TOKYO : L’indice boursier Nikkei japonais a franchi pour la première fois mercredi le niveau clé de 51 000 yens, soutenu par l’optimisme des investisseurs quant aux investissements dans le secteur de l’intelligence artificielle.
L’indice Nikkei 225, à forte composante technologique, a augmenté de 2,05% pour atteindre un niveau sans précédent de 51 249,82 à la pause de midi. L’indice a dépassé les 50 000, une barrière psychologique importante, lundi.
La force du yen a pesé sur la plupart des valeurs non technologiques et l’indice global TOPIX a augmenté de moins de 0,1 %.
Advantest, qui fournit d’importants équipements de test de puces aux grandes entreprises technologiques, a grimpé de plus de 20 % après avoir relevé d’un quart ses prévisions de bénéfices pour l’ensemble de l’année, alors que la demande augmentait.
« Des actions comme Advantest et SoftBank Group sont essentiellement le moteur du marché boursier », a déclaré Wataru Akiyama, stratège chez Nomura Securities. « On ne sait pas combien de temps cela va durer.
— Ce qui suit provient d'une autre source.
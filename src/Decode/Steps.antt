-- ===== src/Decode/Steps.antt =====
-- One call of the decoder on a chunked body, arm by arm: what it consumes and delivers stands in
-- front of the rest of the body.
use vakya.Prelude.{
  ℕ, ◌+◌, ◌-◌, ◌≤◌, ◌≡◌, refl, sym, ap, ◌∙◌, ◌≢◌, inl, inr, Bool, true, false, ◌++◌, append-nil,
  append_assoc, arith, ◌==◌, if◌then◌else◌, ==_iff, Bool-cases, length, take, drop, length-append,
  length-take, length-drop, take-append-drop, drop-drop, take-add, take-take_le, Bytes, Result, ok,
  err,
}
use vakya.Chunk.{DecodeError}
use vakya.Decode.Input.{
  BodyDecoder, DecoderState, in_chunks, ChunkState, size_line, chunk_left, chunk_crlf,
  trailer_block, count_within, ChunkLine, whole, partial, parse_chunk_line, TrailerEnd, block_of,
  scanned_to,
}
use vakya.Decode.Reach.{crlf, LineRead, parse_chunk_line-LineRead}
use vakya.Decode.Bounds.{count_within-le}
use vakya.Decode.Grammar.{
  TrailerBlock, chunk, last, ChunkRest, AfterCrlf, Rest, consumed_of, payload_of,
}
use vakya.Decode.{
  DecodeOutcome, starved, decode_trailers, trailers_parsed, trailers_scanned, line_read, chunk_arm,
  size_arm,
}

module _ {H : Type 0} (parse_trailers : ℕ → Bytes → Result DecodeError (ℕ × H))
    (parses_within : (n : ℕ) (block : Bytes) (k : ℕ) (fields : H)
      → parse_trailers n block ≡ ok (k, fields)
      → k ≤ length block) where
  -- A call in state `s` that looked at `input` from `cursor` on and went well: what it consumed
  -- and delivered, in front of the rest from the state that it reached, is the rest from `s`.
  abbrev pub Steps :
      (n : ℕ) (input : Bytes) (cursor : ℕ) (s : DecoderState)
      → BodyDecoder × Result DecodeError (DecodeOutcome H)
      → Type 0
  Steps n input cursor s (d', err e) = Unit
  Steps n input cursor s (d', ok outcome) =
      (wire body : Bytes)
      → Rest parse_trailers n d'.state wire body
      → (m : ℕ) × (consumed_of outcome ≡ cursor + m)
        × Rest parse_trailers n s (take m (drop cursor input) ++ wire)
            (payload_of outcome input ++ body)

  pub starved-Steps :
      (n : ℕ) (d : BodyDecoder) (input : Bytes) (eof : Bool) (s : ChunkState) (cursor : ℕ)
      → Steps n input cursor (in_chunks s) (starved parse_trailers d eof s cursor)
  unfolding starved
  starved-Steps n d input true s cursor = tt
  starved-Steps n d input false s cursor = λ wire body h. (0, omega arith, h)

  taken_block :
      (n k bytes : ℕ) (fields : H) (available : Bytes)
      → parse_trailers n (take bytes available) ≡ ok (k, fields)
      → TrailerBlock parse_trailers n (take k available)
  taken_block n k bytes fields available h =
      let fits = parses_within n (take bytes available) k fields h in
      let short : k ≤ bytes = omega (arith, length-take bytes available) in
      let same = take-take_le k bytes available short in
      record {
        behind = drop k (take bytes available);
        fields = fields;
        parsed = rw (← same) (
            ap (parse_trailers n) (take-append-drop k (take bytes available))
            ∙ h
            ∙ ap (λ j. ok (j, fields)) (omega (arith, length-take k (take bytes available))));
      }

  parsed-Steps :
      (n bytes scanned : ℕ) (d : BodyDecoder) (input : Bytes) (cursor : ℕ)
      (p : Result DecodeError (ℕ × H))
      → parse_trailers n (take bytes (drop cursor input)) ≡ p
      → Steps n input cursor
          (in_chunks (trailer_block scanned))
          (trailers_parsed parse_trailers d cursor p)
  unfolding trailers_parsed
  parsed-Steps n bytes scanned d input cursor (err e) h = tt
  parsed-Steps n bytes scanned d input cursor (ok (k, fields)) h = λ wire body (w, b).
      (k, refl, (rw (w, append-nil) (taken_block n k bytes fields (drop cursor input) h), b))

  scanned-Steps :
      (n scanned : ℕ) (d : BodyDecoder) (input : Bytes) (cursor : ℕ) (eof : Bool)
      (t : Result DecodeError TrailerEnd)
      → d.limits.max_trailers ≡ n
      → Steps n input cursor
          (in_chunks (trailer_block scanned))
          (trailers_scanned parse_trailers d (drop cursor input) cursor eof t)
  unfolding trailers_scanned
  scanned-Steps n scanned d input cursor eof (err e) l = tt
  scanned-Steps n scanned d input cursor eof (ok (scanned_to bounded)) l =
      starved-Steps n d input eof (trailer_block bounded) cursor
  scanned-Steps n scanned d input cursor eof (ok (block_of bytes)) l =
      parsed-Steps n bytes scanned d input cursor _ (rw l refl)

  pub trailers-Steps :
      (n scanned : ℕ) (d : BodyDecoder) (input : Bytes) (cursor : ℕ) (eof : Bool)
      → d.limits.max_trailers ≡ n
      → Steps n input cursor
          (in_chunks (trailer_block scanned))
          (decode_trailers parse_trailers d input cursor eof scanned)
  unfolding decode_trailers
  trailers-Steps n scanned d input cursor eof limits =
      scanned-Steps n scanned d input cursor eof _ limits

  chunk_part :
      (n count remaining : ℕ) (available wire body : Bytes)
      → count ≤ length available
      → count ≤ remaining
      → Rest parse_trailers n
          (in_chunks
            (if remaining - count == 0 then chunk_crlf else chunk_left (remaining - count)))
          wire
          body
      → ChunkRest parse_trailers n remaining
          (take count available ++ wire)
          (take count available ++ body)
  chunk_part n count remaining available wire body fits le h =
      elim (Bool-cases (remaining - count == 0)) [
        | inl complete ↦
            let after : AfterCrlf parse_trailers n wire body = rw complete at h in
            record {
              payload_bytes = take count available;
              wire_behind = after.wire_behind;
              body_behind = body;
              counted = ground (arith, length-take count available);
              wire_splits = ap (◌++◌ (take count available)) after.wire_splits;
              body_splits = refl;
              chunked = after.chunked;
            }
        | inr more ↦
            let rest : ChunkRest parse_trailers n (remaining - count) wire body = rw more at h in
            record {
              payload_bytes = take count available ++ rest.payload_bytes;
              wire_behind = rest.wire_behind;
              body_behind = rest.body_behind;
              counted = omega (
                arith,
                length-append (take count available) rest.payload_bytes,
                length-take count available,
                rest.counted,
              );
              wire_splits =
                  ap (◌++◌ (take count available)) rest.wire_splits
                  ∙ sym (
                      append_assoc (take count available) rest.payload_bytes
                        (crlf ++ rest.wire_behind));
              body_splits =
                  ap (◌++◌ (take count available)) rest.body_splits
                  ∙ sym (append_assoc (take count available) rest.payload_bytes rest.body_behind);
              chunked = rest.chunked;
            }
      ]

  pub chunk-Steps :
      (n : ℕ) (d : BodyDecoder) (input : Bytes) (cursor : ℕ) (eof : Bool) (remaining : ℕ)
      → Steps n input cursor
          (in_chunks (chunk_left remaining))
          (chunk_arm parse_trailers d input cursor eof remaining)
  unfolding chunk_arm
  chunk-Steps n d input cursor eof remaining = elim (Bool-cases (cursor == length input)) [
    | inl all_read ↦ rw all_read (starved-Steps n d input eof (chunk_left remaining) cursor)
    | inr more ↦
        let count = count_within (length input - cursor) remaining in
        let le = count_within-le (length input - cursor) remaining in
        let taken : cursor + count - cursor ≡ count = omega arith in
        rw more λ wire body h. (
          count,
          refl,
          rw taken (
              chunk_part n count remaining (drop cursor input) wire body
                (omega (arith, length-drop cursor input)) le.1 h),
        )
  ]

  -- A chunk line in front of what follows it.
  line_then :
      {d d' : BodyDecoder} {size : ℕ} (input : Bytes) (cursor consumed m : ℕ) (wire : Bytes)
      → LineRead d d' (drop cursor input) size consumed
      → take (consumed + m) (drop cursor input) ++ wire
        ≡ take (consumed - 2) (drop cursor input)
          ++ (crlf ++ (take m (drop (cursor + consumed) input) ++ wire))
  line_then input cursor consumed m wire read =
      let available = drop cursor input in
      let line = take (consumed - 2) available in
      let more = take m (drop (cursor + consumed) input) in
      ap (λ v. v ++ wire)
        (take-add consumed m available
          ∙ ap (λ v. take consumed available ++ take m v) (drop-drop cursor consumed input)
          ∙ ap (λ v. v ++ more) read.ends)
      ∙ append_assoc (line ++ crlf) more wire
      ∙ append_assoc line crlf (more ++ wire)

  after_last :
      {d d' : BodyDecoder} (n : ℕ) (input : Bytes) (cursor consumed scanned : ℕ)
      (r : BodyDecoder × Result DecodeError (DecodeOutcome H))
      → LineRead d d' (drop cursor input) 0 consumed
      → Steps n input (cursor + consumed) (in_chunks (trailer_block 0)) r
      → Steps n input cursor (in_chunks (size_line scanned)) r
  after_last n input cursor consumed scanned (d', err e) read steps = tt
  after_last n input cursor consumed scanned (d', ok outcome) read steps = λ wire body h.
      let (m, at, rest) = steps wire body h in
      let line = take (consumed - 2) (drop cursor input) in
      (
        consumed + m,
        omega (arith, at),
        rw (line_then input cursor consumed m wire read, rest.1) (last line read.parsed rest.0),
      )

  after_size :
      {d d' : BodyDecoder} (n : ℕ) (input : Bytes) (cursor consumed size scanned : ℕ)
      (r : BodyDecoder × Result DecodeError (DecodeOutcome H))
      → LineRead d d' (drop cursor input) size consumed
      → size ≢ 0
      → Steps n input (cursor + consumed) (in_chunks (chunk_left size)) r
      → Steps n input cursor (in_chunks (size_line scanned)) r
  after_size n input cursor consumed size scanned (d', err e) read nonzero steps = tt
  after_size n input cursor consumed size scanned (d', ok outcome) read nonzero steps =
      λ wire body h.
        let (m, at, rest) = steps wire body h in
        let line = take (consumed - 2) (drop cursor input) in
        (
          consumed + m,
          omega (arith, at),
          rw (line_then input cursor consumed m wire read, rest.wire_splits, rest.body_splits)
              (chunk line rest.payload_bytes read.parsed nonzero rest.counted rest.chunked),
        )

  line-Steps :
      (n : ℕ) (d : BodyDecoder) (input : Bytes) (cursor scanned scanned' : ℕ) (eof : Bool)
      (l : Result DecodeError ChunkLine)
      → d.limits.max_trailers ≡ n
      → parse_chunk_line d (drop cursor input) scanned ≡ l
      → Steps n input cursor
          (in_chunks (size_line scanned'))
          (line_read parse_trailers d input cursor eof l)
  unfolding line_read
  line-Steps n d input cursor scanned scanned' eof (err e) limits h = tt
  line-Steps n d input cursor scanned scanned' eof (ok (partial s)) limits h =
      starved-Steps n d input eof (size_line s) cursor
  line-Steps n d input cursor scanned scanned' eof (ok (whole size consumed charged)) limits h =
      let read = parse_chunk_line-LineRead d charged (drop cursor input) scanned size consumed h in
      let limits' : charged.limits.max_trailers ≡ n =
        ap (λ l. l.max_trailers) read.within.same_limits ∙ limits in
      elim (Bool-cases (size == 0)) [
        | inl none_left ↦ rw none_left (
            after_last n input cursor consumed scanned'
              (decode_trailers parse_trailers charged input (cursor + consumed) eof 0)
              (rw ((==_iff size 0).0 none_left) at read)
              (trailers-Steps n 0 charged input (cursor + consumed) eof limits'))
        | inr more ↦ rw more (
            after_size n input cursor consumed size scanned'
              (chunk_arm parse_trailers charged input (cursor + consumed) eof size) read
              (ground arith) (chunk-Steps n charged input (cursor + consumed) eof size))
      ]

  pub size-Steps :
      (n : ℕ) (d : BodyDecoder) (input : Bytes) (cursor scanned : ℕ) (eof : Bool)
      → d.limits.max_trailers ≡ n
      → Steps n input cursor
          (in_chunks (size_line scanned))
          (size_arm parse_trailers d input cursor eof scanned)
  unfolding size_arm
  size-Steps n d input cursor scanned eof limits =
      line-Steps n d input cursor scanned scanned eof _ limits refl
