-- ===== src/Decode/Sound.antt =====
-- The decoder accepts nothing but well-formed bodies, and delivers their payload, however the
-- input is split between its calls.
use vakya.Prelude.{
  ℕ, ◌+◌, ◌-◌, ◌≤◌, ◌≡◌, refl, sym, ap, ◌∙◌, inl, inr, Bool, true, false, not, ◌&&◌, [], ◌∷◌, ◌++◌,
  arith, ltb, leb, ◌==◌, if◌then◌else◌, Bool-cases, length, take, drop, length-append, length-take,
  take-add, Bytes, Result, ok, err,
}
use vakya.Message.{BodyMode}
use mathlib.Core.Path.{subst}
use vakya.Chunk.{DecodeError, unexpected_eof}
use vakya.Decode.Input.{
  DecodeLimits, BodyDecoder, DecoderState, nothing, fixed_left, in_chunks, to_eof, done, failed,
  size_line, chunk_left, chunk_crlf, trailer_block, in_state, count_within, initial_state,
  with_limits,
}
use vakya.Decode.Scan.{byte_is}
use vakya.Decode.Reach.{crlf}
use vakya.Decode.Bounds.{decode-Answers, count_within-le}
use vakya.Decode.Grammar.{Rest, consumed_of, payload_of, Run, stop, call}
use vakya.Decode.{
  DecodeOutcome, need_more, payload, end, size_arm, crlf_arm, decode_chunked, decode_fixed,
  decode_to_eof, decode_in, decode,
}
use vakya.Decode.Steps.{Steps, starved-Steps, trailers-Steps, chunk-Steps, size-Steps}

module _ {H : Type 0} (parse_trailers : ℕ → Bytes → Result DecodeError (ℕ × H))
    (parses_within : (n : ℕ) (block : Bytes) (k : ℕ) (fields : H)
      → parse_trailers n block ≡ ok (k, fields)
      → k ≤ length block) where
  after_crlf :
      (n : ℕ) (input : Bytes) (r : BodyDecoder × Result DecodeError (DecodeOutcome H))
      → take 2 input ≡ crlf
      → Steps parse_trailers parses_within n input 2 (in_chunks (size_line 0)) r
      → Steps parse_trailers parses_within n input 0 (in_chunks chunk_crlf) r
  after_crlf n input (d', err e) starts steps = tt
  after_crlf n input (d', ok outcome) starts steps = λ wire body h.
      let (m, at, rest) = steps wire body h in
      (
        2 + m,
        omega (arith, at),
        record {
          wire_behind = take m (drop 2 input) ++ wire;
          wire_splits =
              ap (λ v. v ++ wire)
                (take-add 2 m input ∙ ap (λ v. v ++ take m (drop 2 input)) starts);
          chunked = rest;
        },
      )

  starts_crlf :
      (input : Bytes)
      → (byte_is b'\r' input 0 && byte_is b'\n' input 1) ≡ true
      → take 2 input ≡ crlf
  unfolding byte_is
  starts_crlf [] h = absurd (cc)
  starts_crlf (b ∷ []) h = absurd (ground arith)
  starts_crlf (b ∷ c ∷ cs) h = ground arith

  crlf-Steps :
      (n : ℕ) (d : BodyDecoder) (input : Bytes) (eof : Bool)
      → d.limits.max_trailers ≡ n
      → Steps parse_trailers parses_within n input 0
          (in_chunks chunk_crlf)
          (crlf_arm parse_trailers d input 0 eof)
  unfolding crlf_arm
  crlf-Steps n d input eof limits = elim (Bool-cases (ltb (length input) 2)) [
    | inl short ↦ elim (Bool-cases (leb 1 (length input) && not (byte_is b'\r' input 0))) [
      | inl bad ↦ rw (short, bad) tt
      | inr fine ↦
          rw (short, fine) (starved-Steps parse_trailers parses_within n d input eof chunk_crlf 0)
    ]
    | inr full ↦ elim (Bool-cases (byte_is b'\r' input 0 && byte_is b'\n' input 1)) [
      | inl starts ↦
          rw (full, starts)
            (after_crlf n input (size_arm parse_trailers d input 2 eof 0) (starts_crlf input starts)
              (size-Steps parse_trailers parses_within n d input 2 0 eof limits))
      | inr other ↦ rw (full, other) tt
    ]
  ]

  fixed-Steps :
      (n : ℕ) (d : BodyDecoder) (remaining : ℕ) (input : Bytes) (eof : Bool)
      → d.state ≡ fixed_left remaining
      → Steps parse_trailers parses_within n input 0
          (fixed_left remaining)
          (decode_fixed parse_trailers d remaining input eof)
  unfolding decode_fixed
  fixed-Steps n d remaining input eof state = elim (Bool-cases (remaining == 0)) [
    | inl complete ↦ rw complete λ wire body (w, b). (0, omega arith, (w ∙ sym b, ground arith))
    | inr more ↦ elim (Bool-cases (leb 1 (length input))) [
      | inl some_input ↦
          let count = count_within (length input) remaining in
          let le = count_within-le (length input) remaining in
          let same : count - 0 ≡ count = omega arith in
          rw (more, some_input)
            λ wire body (w, b). (
              count,
              omega arith,
              (
                rw same (ap (◌++◌ (take count input)) w),
                rw same
                    (omega (arith, length-append (take count input) body, length-take count input)),
              ),
            )
      | inr empty_input ↦ rw (more, empty_input) (waits eof)
    ]
  ]
    where
      waits :
          (e : Bool)
          → Steps parse_trailers parses_within n input 0 (fixed_left remaining) (
              if e
              then (in_state (failed unexpected_eof) d, err unexpected_eof)
              else (d, ok (need_more 0)))
      waits true = tt
      waits false = λ wire body h. (0, omega arith, rw state at h)

  eof-Steps :
      (n : ℕ) (d : BodyDecoder) (input : Bytes) (eof : Bool)
      → d.state ≡ to_eof
      → Steps parse_trailers parses_within n input 0 to_eof
          (decode_to_eof parse_trailers d input eof)
  unfolding decode_to_eof
  eof-Steps n d input eof state = elim (Bool-cases (leb 1 (length input))) [
    | inl some_input ↦ rw some_input (reads eof)
    | inr empty_input ↦ rw empty_input (ends eof)
  ]
    where
      whole_input : length input - 0 ≡ length input
      whole_input = omega arith

      reads :
          (e : Bool)
          → Steps parse_trailers parses_within n input 0 to_eof
              (if e then in_state done d else d, ok (payload 0 (length input) (length input)))
      reads true = λ wire body (w, b). (
        length input,
        omega arith,
        rw whole_input (ap (◌++◌ (take (length input) input)) (w ∙ sym b)),
      )
      reads false = λ wire body h. (
        length input,
        omega arith,
        rw whole_input (ap (◌++◌ (take (length input) input)) (rw state at h)),
      )

      ends :
          (e : Bool)
          → Steps parse_trailers parses_within n input 0 to_eof
              (if e then (in_state done d, ok (end 0)) else (d, ok (need_more 0)))
      ends true = λ wire body (w, b). (0, omega arith, w ∙ sym b)
      ends false = λ wire body h. (0, omega arith, rw state at h)

  decode_in-Steps :
      (n : ℕ) (d : BodyDecoder) (s : DecoderState) (input : Bytes) (eof : Bool)
      → d.limits.max_trailers ≡ n
      → d.state ≡ s
      → Steps parse_trailers parses_within n input 0 s (decode_in parse_trailers d s input eof)
  unfolding decode_in decode_chunked
  decode_in-Steps n d nothing input eof l e = λ wire body h. (0, omega arith, h)
  decode_in-Steps n d (fixed_left k) input eof l e = fixed-Steps n d k input eof e
  decode_in-Steps n d (in_chunks (size_line k)) input eof l e =
      size-Steps parse_trailers parses_within n d input 0 k eof l
  decode_in-Steps n d (in_chunks (chunk_left k)) input eof l e =
      chunk-Steps parse_trailers parses_within n d input 0 eof k
  decode_in-Steps n d (in_chunks chunk_crlf) input eof l e = crlf-Steps n d input eof l
  decode_in-Steps n d (in_chunks (trailer_block k)) input eof l e =
      trailers-Steps parse_trailers parses_within n k d input 0 eof l
  decode_in-Steps n d to_eof input eof l e = eof-Steps n d input eof e
  decode_in-Steps n d done input eof l e = λ wire body h. (0, omega arith, rw e at h)
  decode_in-Steps n d (failed x) input eof l e = tt

  -- One call, at any of its successful outcomes.
  pub call-Rest :
      (d next : BodyDecoder) (input : Bytes) (eof : Bool) (outcome : DecodeOutcome H)
      (wire body : Bytes)
      → decode parse_trailers d input eof ≡ (next, ok outcome)
      → Rest parse_trailers d.limits.max_trailers next.state wire body
      → Rest parse_trailers d.limits.max_trailers d.state
          (take (consumed_of outcome) input ++ wire)
          (payload_of outcome input ++ body)
  unfolding decode
  call-Rest d next input eof outcome wire body e h =
      let steps : Steps parse_trailers parses_within d.limits.max_trailers input 0 d.state
          (next, ok outcome) =
        rw e at (decode_in-Steps d.limits.max_trailers d d.state input eof refl refl) in
      let (m, at, rest) = steps wire body h in
      let same : consumed_of outcome ≡ m = omega arith in rw same rest

  Run-Rest :
      {final d : BodyDecoder} {wire body : Bytes}
      → Run parse_trailers final d wire body
      → final.state ≡ done
      → Rest parse_trailers d.limits.max_trailers d.state wire body
  Run-Rest stop e = rw e (refl, refl)
  Run-Rest (call {d} {next} input eof {outcome} {wire} {body} e r) ends =
      let w = rw e at (decode-Answers parse_trailers parses_within d input eof).within in
      call-Rest d next input eof outcome wire body e (
        subst (λ l. Rest parse_trailers l.max_trailers next.state wire body) w.same_limits
          (Run-Rest r ends))

  -- If calls of `decode`, from a decoder for a body of framing `mode` on, reach the end of the
  -- body, then what they consumed is a well-formed body of that framing and what they delivered
  -- is its payload, whatever pieces the input came in. With chunks: the chunked coding of the
  -- payload with its size lines, line ends and trailer block. With a fixed length: that many
  -- bytes, delivered as they are. With no body: nothing.
  pub decoded-Run :
      {final : BodyDecoder} {wire body : Bytes} (mode : BodyMode) (limits : DecodeLimits)
      → Run parse_trailers final (with_limits mode limits) wire body
      → final.state ≡ done
      → Rest parse_trailers limits.max_trailers (initial_state mode) wire body
  unfolding with_limits
  decoded-Run mode limits r e = Run-Rest r e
Une fois la première vague passée, la dynamique haussière pourrait s’affaiblir. »
Les trois principaux indices boursiers américains ont clôturé à des niveaux records après que Nvidia, le chouchou de l’IA, a annoncé qu’il développerait un supercalculateur d’intelligence artificielle pour le département américain de l’Énergie.
Le cours de l’action de Microsoft a grimpé après qu’OpenAI ait conclu un accord qui donne à Microsoft une participation de 27 % dans le fabricant ChatGPT tout en permettant à OpenAI de se réorganiser en une société d’utilité publique.
Le groupe japonais SoftBank, un investisseur majeur dans les puces et l’IA, a augmenté de 2,1%, ce qui en fait le deuxième leader de la moyenne Nikkei en termes de points d’indice. Lasertec, une autre grande entreprise de semi-conducteurs, a grimpé de 7,8 %.
Le nombre d’actions en hausse sur la moyenne du Nikkei était de 65 et le nombre d’actions en baisse était de 160. La plus forte baisse a été Nidec, qui a encore chuté de 7,3 % après avoir été marquée comme exclue par le Nikkei Shimbun, suivi de SHIFT, qui a chuté de 5,3 %.